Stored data
==================================================
-- ===== src/Tests/Storages.antt =====
-- The two storages: three messages, delivered late, twice and out of order.
use distributed_systems_hw.Base.{
  ℕ, ◌+◌, ◌≤◌, ◌≡◌, refl, List, [], ◌∷◌, none, arith, take, drop, Bytes,
}
use distributed_systems_hw.Base.Maps.{Map, find, insert, erase}
use distributed_systems_hw.Scan.{chunk_loop}
use distributed_systems_hw.Master.Storage.{
  empty as master_empty, get_contiguous_chunk as master_chunk,
}
use distributed_systems_hw.Master.Storage.{fetch_id, store_message}
use distributed_systems_hw.Master.Storage.Log.{IsLog, Appends, add_message-Appends, chunk-eq-drop}
use distributed_systems_hw.Master.Storage.Writers.{
  Writers, fetch, store, Reach, start, later, Reach-IsLog, chunk-take,
}
use distributed_systems_hw.Secondary.Storage.{
  Storage, empty, get_contiguous_chunk, add_messages, get_first_gap,
}
use distributed_systems_hw.Secondary.Storage.Replica.{From, deliver, delivery_order, chunk-From}
use distributed_systems_hw.Secondary.Storage.CatchUp.{catch_up}

abbrev hi : Bytes
hi = 104 ∷ 105 ∷ []

abbrev ok : Bytes
ok = 111 ∷ 107 ∷ []

abbrev yo : Bytes
yo = 121 ∷ 111 ∷ []

abbrev log : List Bytes
log = hi ∷ ok ∷ yo ∷ []

-- Two calls of addMessage, after both have an id, and after the second has stored its message.
abbrev both_fetched : Writers
both_fetched = record {
  storage = (fetch_id (fetch_id master_empty).1).1;
  in_flight = insert 1 ok (insert 0 hi []);
  log = hi ∷ ok ∷ [];
}

abbrev second_stored : Writers
second_stored = record {
  storage = (store_message 1 ok both_fetched.storage).1;
  in_flight = erase 1 both_fetched.in_flight;
  log = hi ∷ ok ∷ [];
}

abbrev both_stored : Writers
both_stored = record {
  storage = (store_message 0 hi second_stored.storage).1;
  in_flight = erase 0 second_stored.in_flight;
  log = hi ∷ ok ∷ [];
}

both_fetched-Reach : Reach both_fetched
unfolding fetch_id
both_fetched-Reach = later (later start (fetch hi)) (fetch ok)

second_stored-Reach : Reach second_stored
unfolding find insert
second_stored-Reach = later both_fetched-Reach (store 1 ok refl)

both_stored-Reach : Reach both_stored
unfolding find insert erase
both_stored-Reach = later second_stored-Reach (store 0 hi refl)

Reach-IsLog_example : IsLog both_stored.storage (hi ∷ ok ∷ [])
unfolding insert erase
Reach-IsLog_example = Reach-IsLog both_stored-Reach (omega arith) refl

-- With the first message still on its way, a scan from 0 sees nothing.
chunk-take_example :
    (n : ℕ) × (master_chunk second_stored.storage 0 ≡ take n (drop 0 (hi ∷ ok ∷ [])))
    × (find (0 + n) second_stored.storage.messages ≡ none)
chunk-take_example = chunk-take 0 second_stored-Reach (omega arith)

hidden_by_gap : master_chunk second_stored.storage 0 ≡ []
unfolding master_chunk chunk_loop find insert store_message fetch_id
hidden_by_gap = refl

both_stored-IsLog : IsLog both_stored.storage (hi ∷ ok ∷ [])
unfolding insert erase
both_stored-IsLog = Reach-IsLog both_stored-Reach (omega arith) refl

add_message-Appends_example : Appends both_stored.storage (hi ∷ ok ∷ []) yo
add_message-Appends_example =
    add_message-Appends both_stored.storage (hi ∷ ok ∷ []) yo (omega arith) both_stored-IsLog

chunk-eq-drop_example : master_chunk both_stored.storage 1 ≡ ok ∷ []
chunk-eq-drop_example =
    chunk-eq-drop both_stored.storage (hi ∷ ok ∷ []) 1 (omega arith) both_stored-IsLog

-- Deliveries with a repetition, and the same ids once each in order.
abbrev messy : Map Bytes
messy = (2, yo) ∷ (0, hi) ∷ (2, yo) ∷ (1, ok) ∷ []

abbrev tidy : Map Bytes
tidy = (0, hi) ∷ (1, ok) ∷ (2, yo) ∷ []

messy-From : From log messy
unfolding find
messy-From i v e = ground arith

tidy-From : From log tidy
unfolding find
tidy-From i v e = ground arith

same_ids :
    (i : ℕ)
    → ((find i messy ≡ none) → (find i tidy ≡ none))
      × ((find i tidy ≡ none) → (find i messy ≡ none))
unfolding find
same_ids i = (λ h. ground arith, λ h. ground arith)

delivery_order_example :
    get_contiguous_chunk (deliver messy empty) 0 ≡ get_contiguous_chunk (deliver tidy empty) 0
delivery_order_example =
    delivery_order log messy tidy 0 messy-From tidy-From same_ids (omega arith) (omega arith)

-- A secondary that has message 2 and not message 1.
abbrev gappy : Storage
gappy = record { messages = (2, yo) ∷ (0, hi) ∷ [] }

gappy-From : From log gappy.messages
unfolding find
gappy-From i v e = ground arith

chunk-From_example : (n : ℕ) × (get_contiguous_chunk gappy 0 ≡ take n (drop 0 log))
chunk-From_example = chunk-From log gappy 0 gappy-From (omega arith)

-- The master answers when it has two of its three messages.
catch_up_example :
    (n : ℕ) × (2 ≤ n)
    × (get_contiguous_chunk
          (add_messages (get_first_gap gappy) (drop (get_first_gap gappy) (hi ∷ ok ∷ [])) gappy)
          0
        ≡ take n log)
catch_up_example = catch_up (hi ∷ ok ∷ []) (yo ∷ []) gappy gappy-From (omega arith)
==================================================
• To do: Copy out only the lines above from the one with "abbrev messy : Map Bytes" to the one with "messy ≡ none))", inclusive, exactly as they stand.

• Result:
abbrev messy : Map Bytes
messy = (2, yo) ∷ (0, hi) ∷ (2, yo) ∷ (1, ok) ∷ []

abbrev tidy : Map Bytes
tidy = (0, hi) ∷ (1, ok) ∷ (2, yo) ∷ []

messy-From : From log messy
unfolding find
messy-From i v e = ground arith

tidy-From : From log tidy
unfolding find
tidy-From i v e = ground arith

same_ids :
    (i : ℕ)
    → ((find i messy ≡ none) → (find i tidy ≡ none))
      × ((find i tidy ≡ none) → (find i messy ≡ none))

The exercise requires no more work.